Inlining [1] is a simple optimization technique that almost all optimizing compilers perform. The essential idea is to substitute the call sites of a function f, with the body of f. For example:

Before inlining
> let f x = x * 3
--- somewhere else
> f (a + b) - c

Here we define a function f, and then have a single call site f (a + b) .... Inlining f transforms the call site by replacing f (a + b) with the body (or right hand side) of f:

After inlining
> let f x = x * 3
-- somewhere else
> (a + b) * 3 - c

Notice the call to f is removed and has been replaced with x * 3, where \(x \mapsto (a + b)\).

1.2.1.2. Why do We Want Inlining

Inlining has been called the “mother of all optimizations” because it has two primary benefits. First, it removes the overhead of a function call, which can be noticeable in a hot loop. Second, it is an enabling optimization; by substituting the body of a function at its call sites, more optimizations are possible on the inlined result rather than the non-inlined result, thus leading to faster code. This is one of the main reasons why performance engineering is more art than science; a simple change can have cascading and unforeseen effects in the end result.

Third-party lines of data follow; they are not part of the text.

-- ===== src/Bag/Writer/Sections.antt =====
-- src/rosbag_v2_writer.cpp: the ends of a bag file, that is what `Open` writes first and the index
-- section that `Finish` writes last.
use mrp_robo_baton_4p_no_ros.Base.{
  ℕ, zero, suc, ◌+◌, ◌*◌, List, [], ◌∷◌, ◌++◌, ltb, ◌==◌, if◌then◌else◌,
}
use mrp_robo_baton_4p_no_ros.Base.Bytes.{codes}
use mrp_robo_baton_4p_no_ros.Base.Errors.{length_error}
use mrp_robo_baton_4p_no_ros.Bag.Encode.{
  HeaderField, field_u8, field_u32, field_u64, field_time, field_string, uint32_max, to_uint32,
}
use mrp_robo_baton_4p_no_ros.Bag.Output.{M, pure, ◌>>◌, flush_output_buffer, write_raw, write_u32}
use mrp_robo_baton_4p_no_ros.Bag.Writer.{
  Writer, Connection, ChunkInfo, on_io, modify, throw_when, write_header, write_file_header_record,
  patch_file_header_record, op_connection, op_chunk_info,
}
use mrp_robo_baton_4p_no_ros.Bag.Writer.Chunks.{stop_chunk}

-- The magic line, and the line feed behind it.
abbrev pub version_line : List ℕ
version_line = codes "#ROSBAG V2.0" ++ 10 ∷ []

unfoldable pub write_preamble : M Writer (Unit {0})
write_preamble = do
  on_io (write_raw version_line)
  modify (λ w. record w { file_header_pos = w.io.logical_offset })
  write_file_header_record
  on_io flush_output_buffer

abbrev pub connection_fields : Connection → List HeaderField
connection_fields connection =
    field_u8 (codes "op") op_connection
    ∷ field_string (codes "topic") connection.topic
    ∷ field_u32 (codes "conn") connection.id
    ∷ []

abbrev pub connection_data_fields : Connection → List HeaderField
connection_data_fields connection =
    field_string (codes "type") connection.datatype
    ∷ field_string (codes "md5sum") connection.md5sum
    ∷ field_string (codes "message_definition") connection.message_definition
    ∷ []

unfoldable pub write_connection_record : Connection → M Writer (Unit {0})
write_connection_record connection = do
  write_header (connection_fields connection)
  write_header (connection_data_fields connection)

unfoldable pub write_connection_loop : List Connection → M Writer (Unit {0})
write_connection_loop [] = pure tt
write_connection_loop (connection ∷ connections) = do
  write_connection_record connection
  write_connection_loop connections

unfoldable pub write_connection_records : M Writer (Unit {0})
write_connection_records w = write_connection_loop w.connections w

unfoldable pub nonzero_count : List ℕ → ℕ
nonzero_count [] = 0
nonzero_count (n ∷ counts) = if n == 0 then nonzero_count counts else nonzero_count counts + 1

unfoldable pub write_counts : ℕ → List ℕ → M Writer (Unit {0})
write_counts connection_index [] = pure tt
write_counts connection_index (zero ∷ counts) = write_counts (connection_index + 1) counts
write_counts connection_index (suc n ∷ counts) = do
  throw_when (ltb uint32_max connection_index) (length_error "rosbag connection id too large")
  on_io (write_u32 (to_uint32 connection_index))
  on_io (write_u32 (suc n))
  write_counts (connection_index + 1) counts

abbrev pub chunk_info_fields : ChunkInfo → ℕ → List HeaderField
chunk_info_fields chunk count =
    field_u8 (codes "op") op_chunk_info
    ∷ field_u32 (codes "ver") 1
    ∷ field_u64 (codes "chunk_pos") chunk.pos
    ∷ field_time (codes "start_time") chunk.start_time
    ∷ field_time (codes "end_time") chunk.end_time
    ∷ field_u32 (codes "count") count
    ∷ []

unfoldable pub write_chunk_info_record : ChunkInfo → M Writer (Unit {0})
write_chunk_info_record chunk =
    let count = to_uint32 (nonzero_count chunk.connection_counts) in
    do
      throw_when (ltb uint32_max (nonzero_count chunk.connection_counts))
          (length_error "rosbag chunk info too large")
      write_header (chunk_info_fields chunk count)
      on_io (write_u32 (to_uint32 (count * 8)))
      write_counts 0 chunk.connection_counts

unfoldable pub write_chunk_info_loop : List ChunkInfo → M Writer (Unit {0})
write_chunk_info_loop [] = pure tt
write_chunk_info_loop (chunk ∷ chunks) = do
  write_chunk_info_record chunk
  write_chunk_info_loop chunks

unfoldable pub write_chunk_info_records : M Writer (Unit {0})
write_chunk_info_records w = write_chunk_info_loop w.chunks w

-- The data that `Finish` completes before it closes and publishes the file.
unfoldable pub finish_data : M Writer (Unit {0})
finish_data = do
  stop_chunk
  modify (λ w. record w { index_data_pos = w.io.logical_offset })
  write_connection_records
  write_chunk_info_records
  patch_file_header_record
  on_io flush_output_buffer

1.2.1.3. How does Inlining Slow Down Runtime Performance

Inlining itself does not slow down runtime performance, lack of inlining does, because it limits otherwise possible optimizations from taking place. However, that does not mean we should always ask GHC to inline or manually perform inlining, in contrast, sometimes we can realize performance benefits by restricting inlining. We’ll return to the cost benefit analysis, and discuss the particulars of GHC’s inliner, in the chapter dedicated to Inlining.

1.2.2. Fusion

1.2.2.1. What is Fusion

Fusion or Deforestation [2] [3] (We take Andy Gill’s excellent examples from this paper for this section. Thank you Andy Gill for your labor!) is an optimization technique that eliminates intermediate and short lived data structures between function calls. It is a key optimization that makes Haskell fast because idiomatic Haskell style is often written in compositional style. For example:

all p xs = and (map p xs)

In all we apply p to each element of xs in map p xs , this produces an intermediate list of Booleans. This list is then consumed by and to produce the final single Bool result. Unfortunately, the allocation and collection of the intermediate list is expensive; requiring each Cons cell to be allocated on the heap, filled with a thunk, reified to a value, consumed by and and then finally deallocated. This costs extra CPU cycles and places more pressure on the garbage collector.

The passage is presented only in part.